Everyone loved mechanical mice, according to Yazzi—tiny white creations, a wind-up motor covered by faux white fur, a leather tail and button eyes. The old mice were powered by a key and metal spring, but contemporary versions used tiny batteries and computer chips. Yes, cats loved them, kids loved them, those sweet, furry toys rolling across the floor in imitation of their natural counterparts—so why not build a more robust model?

That’s how it started—he really made it sound as if he were fabricating something delightful.

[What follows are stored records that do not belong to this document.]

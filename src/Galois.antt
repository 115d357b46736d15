-- ===== src/Galois.antt =====
-- galois.h: the field GF(2^bits) by log and antilog tables, and its operators.
-- A value of `ValueType` is a number below `count`; the tables are arrays, as functions of the
-- index that start at 0 where the source leaves them unset. A template instance is a `Shape`.
pub mod Doubling
pub mod Order
pub mod Tables
pub mod Field
pub mod Power
pub mod Peasant
pub mod Instances
use par2tbb.Base.{ℕ, zero, suc, ◌+◌, ◌-◌, ◌*◌, ◌/◌, ◌%◌, ◌^◌, Bool, ◌||◌, ltb, leb, ◌==◌}
use par2tbb.Base.{if◌then◌else◌}
use par2tbb.Base.Bits.{◌⊕◌}

-- The template arguments.
pub record Shape : Type 0 where
  pub bits : ℕ
  pub generator : ℕ

abbrev pub count : Shape → ℕ
count g = 2 ^ g.bits

abbrev pub limit : Shape → ℕ
limit g = count g - 1

abbrev pub galois8 : Shape
galois8 = record { bits = 8; generator = 0x11D }

abbrev pub galois16 : Shape
galois16 = record { bits = 16; generator = 0x1100B }

pub record Table : Type 0 where
  pub log : ℕ → ℕ
  pub antilog : ℕ → ℕ

-- `a[i] = v`
abbrev pub write : (ℕ → ℕ) → ℕ → ℕ → ℕ → ℕ
write a i v j = if j == i then v else a j

abbrev pub blank : Table
blank = record { log = λ _. 0; antilog = λ _. 0 }

-- `b & Count`: the digit of `b` above the field's.
abbrev pub overflows : Shape → ℕ → Bool
overflows g b = b / count g % 2 == 1

-- `b <<= 1; if (b & Count) b ^= Generator;` on a `u32`.
unfoldable pub double : Shape → ℕ → ℕ
double g b =
    let shifted = b * 2 % 2 ^ 32 in if overflows g shifted then shifted ⊕ g.generator else shifted

-- The loop of the constructor, at index `l` with the rounds that are left.
unfoldable pub fill : Shape → ℕ → ℕ → ℕ → Table → Table
fill g zero l b t = t
fill g (suc n) l b t =
    fill g n (l + 1) (double g b)
      (record { log = write t.log b (l % count g); antilog = write t.antilog l (b % count g) })

unfoldable pub table : Shape → Table
unfolding fill double
table g =
    let t = fill g (limit g) 0 1 blank in
    record { log = write t.log 0 (limit g); antilog = write t.antilog (limit g) 0 }

-- `operator +` and `operator -`
unfoldable pub add : ℕ → ℕ → ℕ
add a b = a ⊕ b

-- `operator *`
unfoldable pub mul : Shape → ℕ → ℕ → ℕ
mul g a b =
    let sum = (table g).log a + (table g).log b in
    if a == 0 || b == 0
    then 0
    else if leb (limit g) sum
    then (table g).antilog (sum - limit g)
    else (table g).antilog sum

-- `operator /`, with the assertions off; the branch for a negative `sum` adds `Limit` first.
unfoldable pub div : Shape → ℕ → ℕ → ℕ
div g a b =
    let t = table g in
    if a == 0
    then 0
    else if b == 0
    then 0
    else if ltb (t.log a) (t.log b)
    then t.antilog (t.log a + limit g - t.log b)
    else t.antilog (t.log a - t.log b)

-- `operator *=`
unfoldable pub mul_assign : Shape → ℕ → ℕ → ℕ
mul_assign g a b =
    let sum = (table g).log a + (table g).log b in
    let product =
      if leb (limit g) sum then (table g).antilog (sum - limit g) else (table g).antilog sum in
    if a == 0 || b == 0 then 0 else product

-- `operator /=`, which leaves the value as it is where the divisor is 0.
unfoldable pub div_assign : Shape → ℕ → ℕ → ℕ
div_assign g a b =
    let t = table g in
    if a == 0
    then a
    else if b == 0
    then a
    else if ltb (t.log a) (t.log b)
    then t.antilog (t.log a + limit g - t.log b)
    else t.antilog (t.log a - t.log b)

-- The tail that `pow`, `operator ^` and `operator ^=` share: the product of a log and an
-- exponent, an `unsigned int`, is folded once at `Bits` and then reduced.
unfoldable pub power_at : Shape → ℕ → ℕ → ℕ
power_at g a n =
    let product = (table g).log a * n % 2 ^ 32 in
    let sum = product / count g + product % count g in
    if leb (limit g) sum then (table g).antilog (sum - limit g) else (table g).antilog sum

-- `pow` and `operator ^`
unfoldable pub pow : Shape → ℕ → ℕ → ℕ
pow g a n = if n == 0 then 1 else if a == 0 then 0 else power_at g a n

-- `operator ^=`, whose first test is on 1.
unfoldable pub pow_assign : Shape → ℕ → ℕ → ℕ
pow_assign g a n = if n == 1 then 1 else if a == 0 then a else power_at g a n

-- `Log` and `ALog`
unfoldable pub log_of : Shape → ℕ → ℕ
log_of g a = (table g).log a

unfoldable pub alog_of : Shape → ℕ → ℕ
alog_of g a = (table g).antilog a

I only saw him occasionally, usually in passing as I entered or left my house, but once or twice he’d let me down into his basement where he crafted his projects. Today was one of those special occasions. All the parts to his current project lay waiting for assemblage: coils of wire, tiny gears, copper pinions, pieces of bent metal. Pliers, scissors, solder, and a pair of drills lay next to these items, a collection of materials that had assisted in the creation of some pretty bizarre toys.

Billy Yazzi was a true loner. His parents were dead, and he seemed oblivious to the existence of any other relatives. We’d gone to high school together, but after graduation he embraced seclusion and avoided higher education. I’d always thought his parents must have left him a decent inheritance, some financial means that supported his self-concept as a man of leisure. Still, we were friends of a kind, mostly because of proximity—I lived in the house next door, having decided to play the role of caretaker after my own parents retired to Sarasota. I was still an undergraduate—strictly community college—and the lack of responsibilities, save for the upkeep of the lawn and general maintenance of the house, let me pretend I was a minimally more upstanding citizen than Yazzi.

“Why a rat?” I asked him as I prepared to drink from the can of beer he’d given me when I entered the basement. A rat is what he’d said he was building, not a mouse; mice, it seems, were thematically outré.

He gazed up at me from his seat at the worktable. His eyes gleamed through the lenses of his glasses, and a gap-toothed smile suggested he was in a playful mood. “Why not?” he said, tapping a screwdriver on the edge of the table.

“Mice are cute, if annoying. Rats are insidious creatures.”

Insidious? You have a way with words, Stanley. A poor one.”

“I’m an English major, remember? I’m paying good money to learn how to have a poor way with words.”

“What a profoundly useless major.”

 I frowned at the remark, mostly because I was afraid he was right. “Be that as it may, rats are still hideous creatures.”

 “But that’s not true. People buy rats from pet stores all the time. Just because they come from a store doesn’t mean they’re any more relatable than a rat from the wild.”

“There’s a difference in temperament, isn’t there?”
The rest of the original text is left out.